Pollution fluviale dans le Nord « Aucune négligence des autorités françaises », juge le préfet

AFP

« Il n'y a eu aucune "négligence" des autorités françaises » après la pollution fluviale causée par la rupture d'une digue d'une usine Tereos du Nord, a estimé jeudi le préfet du département, répondant aux accusations belges et renvoyant la responsabilité sur le groupe sucrier.

« Il y a une entreprise qui, clairement, a des comptes à rendre à l'autorité administrative et à la justice. Je ne voudrais pas (...) qu'on fasse d'un des acteurs de la régulation, de la protection de l'environnement, un fautif », a lancé le préfet du Nord Michel Lalande lors d'une conférence de presse, reconnaissant toutefois des « angles morts » dans l'observation du terrain les jours suivants, en raison notamment de la crise sanitaire. Dans la nuit du 9 au 10 avril, à la suite de la rupture d'une digue qui retenait les eaux de lavage de betteraves d'une usine Tereos à Escaudoeuvres, quelque 100 000 m3 de liquide noirâtre -essentiellement des matières organiques- s'étaient déversés, notamment dans l'Escaut, qui traverse la France, la Belgique et les Pays-Bas.

Après avoir constaté une mortalité très importante des poissons, la Belgique avait rapidement accusé la France de « négligence » pour n'avoir pas « signalé » cette pollution. « Ce n'est pas l'État français qui a rompu la digue », a souligné Michel Lalande, jugeant le terme de « négligences (...) très inapproprié ». D'une part, la rupture a d'abord « été traitée comme un phénomène de sécurité civile ».
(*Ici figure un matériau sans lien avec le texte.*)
-- ===== src/Mocks/Github.antt =====
-- internal/integrations/github/mock.go: branches, commits and pull requests in maps.
use talos_app.Prelude.{
  ℕ, ◌+◌, String, Option, none, some, List, [], ◌∷◌, str_eq, str_append, if◌then◌else◌, ℤ, pos,
  negsuc,
}
use talos_app.Shared.{sentinel, not_found, wrap}
use talos_app.Exec.{Exec, Result, ok, err}
use talos_app.Ports.{CommitRequest, PullRequestRequest, PullRequest, GitProvider}
use talos_app.Provisioning.PullRequest.Decimal.{decimal}

-- `MockProvider`; a new entry of a map shadows an old one.
pub record Github : Type 0 where
  pub branches : List (String × String)
  pub parents : List (String × String)
  pub prs : List (String × PullRequest)
  pub next_pr : ℕ
  pub sha_seq : ℕ

abbrev pub no_github : Github
no_github = record { branches = []; parents = []; prs = []; next_pr = 1; sha_seq = 0 }

unfoldable pub lookup : {A : Type 0} → String → List (String × A) → Option A
lookup key [] = none
lookup key ((k, a) ∷ rest) = if str_eq k key then some a else lookup key rest

abbrev pub branch_key : String → String → String → String
branch_key owner repo branch =
    str_append owner (str_append "/" (str_append repo (str_append "/" branch)))

-- `%d`
abbrev print_int : ℤ → String
print_int (pos n) = decimal n
print_int (negsuc n) = str_append "-" (decimal (n + 1))

-- `owner/repo#n`
abbrev pub pr_key : String → String → ℤ → String
pr_key owner repo number =
    str_append owner (str_append "/" (str_append repo (str_append "#" (print_int number))))

-- The URL in front of the number.
abbrev pub pulls : String → String → String
pulls owner repo =
    str_append "https://github.com/" (str_append owner (str_append "/" (str_append repo "/pull")))

unfoldable pub create_branch : String → String → String → String → Exec Github (Unit {0})
create_branch owner repo branch from_ref g =
    (ok tt, record g { branches = (branch_key owner repo branch, from_ref) ∷ g.branches })

unfoldable pub get_file : String → String → String → String → Exec Github String
get_file owner repo reference path g =
    (err (wrap "%w: mock provider has no file storage for %s/%s@%s:%s" (sentinel not_found)), g)

abbrev or_empty : Option String → String
or_empty none = ""
or_empty (some t) = t

abbrev mock_sha : ℕ → String
mock_sha n = str_append "mock-sha-" (decimal n)

unfoldable pub commit : CommitRequest → Exec Github String
commit req g =
    let key = branch_key req.owner req.repo req.branch in
    let parent = or_empty (lookup key g.branches) in
    let sha = mock_sha (g.sha_seq + 1) in
    (
      ok sha,
      record g {
        sha_seq = g.sha_seq + 1;
        parents = if str_eq parent "" then g.parents else (sha, parent) ∷ g.parents;
        branches = (key, sha) ∷ g.branches;
      },
    )

unfoldable pub get_commit_parent : String → String → String → Exec Github String
get_commit_parent owner repo sha g = (
  elim (lookup sha g.parents) [
    | none ↦ err (wrap "%w: mock commit %s has no recorded parent" (sentinel not_found))
    | some parent ↦ ok parent
  ],
  g,
)

abbrev pub opened : PullRequestRequest → ℕ → PullRequest
opened req n = record {
  number = pos n;
  url = str_append (pulls req.owner req.repo) (str_append "/" (decimal n));
  state = "merged";
  head = req.head;
  base = req.base;
}

unfoldable pub create_pull_request : PullRequestRequest → Exec Github PullRequest
create_pull_request req g =
    let n = g.next_pr in
    (
      ok (opened req n),
      record g { next_pr = n + 1; prs = (pr_key req.owner req.repo (pos n), opened req n) ∷ g.prs },
    )

abbrev found_pr : Option PullRequest → Result PullRequest
found_pr none = err (sentinel not_found)
found_pr (some pr) = ok pr

unfoldable pub get_pull_request : String → String → ℤ → Exec Github PullRequest
get_pull_request owner repo number g = (found_pr (lookup (pr_key owner repo number) g.prs), g)

abbrev merge_found : String → Option PullRequest → Exec Github (Unit {0})
merge_found key none g = (err (sentinel not_found), g)
merge_found key (some pr) g =
    (ok tt, record g { prs = (key, record pr { state = "merged" }) ∷ g.prs })

unfoldable pub merge_pull_request : String → String → ℤ → Exec Github (Unit {0})
merge_pull_request owner repo number g =
    merge_found (pr_key owner repo number) (lookup (pr_key owner repo number) g.prs) g

unfoldable pub provider : GitProvider Github
provider = record {
  create_branch = create_branch;
  get_file = get_file;
  commit = commit;
  create_pull_request = create_pull_request;
  get_pull_request = get_pull_request;
  merge_pull_request = merge_pull_request;
  get_commit_parent = get_commit_parent;
}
« Deuxièmement, c'était le week-end de Pâques » et « la période de confinement » : les marcheurs, joggeurs ou pêcheurs, « tous ceux qui participent (habituellement) à l'observation des évènements locaux, sont nos informateurs du quotidien, n'étaient pas là », a-t-il poursuivi. Par ailleurs, « les premières informations remontant le 13 avril (...) c'est que la qualité de l'eau » près de l'usine était « revenue à la normale ». Si « une mortalité des poissons » a été observée les 13 et 21 avril, « rien au départ » ne laissait deviner « qu'il s'agissait d'un phénomène important et qui s'étendait ». « Il y a des leçons à tirer », a-t-il ajouté pour, « dans les situations de fonctionnement dégradé (...) maintenir des balises » permettant d'observer au mieux le terrain. Mais « si la digue a cédé, c'est qu'elle doit sans doute être interrogée sur son entretien, les conditions d'exploitation », a-t-il conclu, assurant exercer un « contrôle régulier » et avoir depuis l'incident « imposé à Tereos une liste de prescriptions très complète ». « Une enquête judiciaire est en cours (...) et s'il y a eu faute, il y aura sanction ».